Administrative Law Judge




S. Thomas Hamilton, Esq., Saltsman & Willett, PSC, 212 E. Stephen Foster Ave., Bardstown, Kentucky 40004

Schean G. Belton, Esq., Office of the Solicitor, 618 Church Street, Suite 230, Nashville, Tennessee 37219

Martin J. Cunningham, Esq., Bingham Greenebaum Doll, LLP, 300 West Vine St., Ste. 1100, Lexington, Kentucky 40507

Sara L. Johnson, Esq., Office of the Solicitor, U.S. Department of Labor, 201 12th St. South, Suite 401, Arlington, Virginia 22202

W. Christian Schumann, Esq., Office of the Solicitor, U.S. Department of Labor, 201 12th St. South, Suite 401, Arlington, Virginia 22202

Melanie Garris, Office of Civil Penalty Compliance, MSHA, U.S. Department of Labor, 201 12th St. South, Suite 401, Arlington, Virginia 22202

Brian C. Mauk, Esq., Office of the Solicitor, 618 Church Street, Suite 230, Nashville, Tennessee 37219

[1] The Secretary’s email response is part of the record within the e-CMS file for this docket.
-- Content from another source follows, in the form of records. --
-- ===== src/Examples/Edits.antt =====
-- The results on UpdateTransaction and DeleteTemplates, each at a concrete database.
use orgfin_diploma.TransactionService.Templates.Foreign.{delete_templates-keeps_foreign}
use orgfin_diploma.TransactionService.Templates.{delete_templates}
use orgfin_diploma.TransactionService.Update.Settled.{update_transaction-IsSettled, updated_db}
use orgfin_diploma.TransactionService.Update.All.{IsRecalculable}
use orgfin_diploma.TransactionService.Recalc.Settled.{IsSettled}
use orgfin_diploma.TransactionService.Recalc.{recalculate_from_transactions, next_balance}
use orgfin_diploma.Exec.{ok}
use orgfin_diploma.TransactionService.{Input}
use orgfin_diploma.TransactionService.Update.{update_transaction, apply_input}
use orgfin_diploma.Repositories.Transactions.{for_recalc}
use orgfin_diploma.Examples.{
  book, svc, cash, savings, cash_found, savings_found, spend, expense, unique, expense-MayDelete,
}
use orgfin_diploma.Repositories.Transactions
use orgfin_diploma.Repositories.Templates as TemplateRows
use orgfin_diploma.Models.{Db, Template}
use orgfin_diploma.Prelude.{ℕ, ◌≡◌, refl, pos, [], ◌∷◌, ◌+ℤ◌, ◌-ℤ◌, All, some, none, false, arith}

-- Row 2 moves from account 1 to account 2.
abbrev move : Input
move = record (spend 40) { account_id = 2 }

move_balances : All (IsRecalculable (updated_db (apply_input move 0 expense) book)) (1 ∷ 2 ∷ [])
unfolding for_recalc Transactions.sort Transactions.insert_sorted Transactions.ordered
    Transactions.change apply_input recalculate_from_transactions next_balance ◌+ℤ◌ ◌-ℤ◌
move_balances = ((cash, pos 40, cash_found, refl), ((savings, pos 8, savings_found, refl), tt))

update_transaction-IsSettled_example :
    let (r, _, s') = update_transaction (λ l. l) (λ l. l) svc 0 1 move 2 [] book in
    (r ≡ ok (apply_input move 0 expense)) × All (λ a. IsSettled a s') (1 ∷ 2 ∷ [])
update_transaction-IsSettled_example =
    update_transaction-IsSettled (λ l. l) (λ l. l) svc 0 1 move 2 book expense-MayDelete
      savings_found refl refl refl move_balances unique

-- A template of user 2, and one of user 1.
abbrev template : ℕ → ℕ → Template
template i u = record {
  id = i;
  user_id = u;
  category_id = none;
  target_account_id = none;
  label = "rent";
}

abbrev templated : Db
templated = record book { templates = template 1 2 ∷ template 2 1 ∷ [] }

foreign_found : TemplateRows.find 1 templated.templates ≡ some (template 1 2)
unfolding TemplateRows.find
foreign_found = refl

delete_templates-keeps_foreign_example :
    TemplateRows.find 1
      (delete_templates (λ l. l) 1 (1 ∷ 2 ∷ []) (false ∷ []) templated).2.templates
    ≡ some (template 1 2)
delete_templates-keeps_foreign_example =
    delete_templates-keeps_foreign (λ l. l) 1 1 (1 ∷ 2 ∷ []) (false ∷ []) templated (template 1 2)
      foreign_found (omega arith)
[2] The Secretary’s citation to S&S Dredging Co. is incorrect. The correct citation is 2013 WL 8562447 (FMSHRC July 11, 2013). The quote from that case actually reads, “muscle strains, sprained ligaments, and fractured bones are injuries of a reasonably serious nature for the purposes of the fourth element of the Mathies test.” Id. at *2. (emphasis added).

[3] The Respondent does not further explain the basis for those conclusions, but rather refers to its post-hearing brief and reply brief.


[4] The “Ironic process theory or the white bear problem refers to the psychological process whereby deliberate attempts to suppress certain thoughts make them more likely to surface. An example is how when someone is actively trying not to think of a white bear they may actually be more likely to imagine one. ‘Try to pose for yourself this task: not to think of a polar bear, and you will see that the cursed thing will come to mind every minute.’” Ironic Process Theory, Wikipedia (Jan. 6, 2017), https://en.wikipedia.org/wiki/Ironic_process_theory (citing Fyodor Dostoevsky, Winter Notes on Summer Impressions, Vremya, 1863); see also Joe Zimmerman, Op-Ed, Don’t Think About the White Bear, N.Y. Times, Mar. 11, 2017, at SR2.

[5] Of course, the suggestion is made under the assumption that the mine’s disciplinary procedures are being properly followed.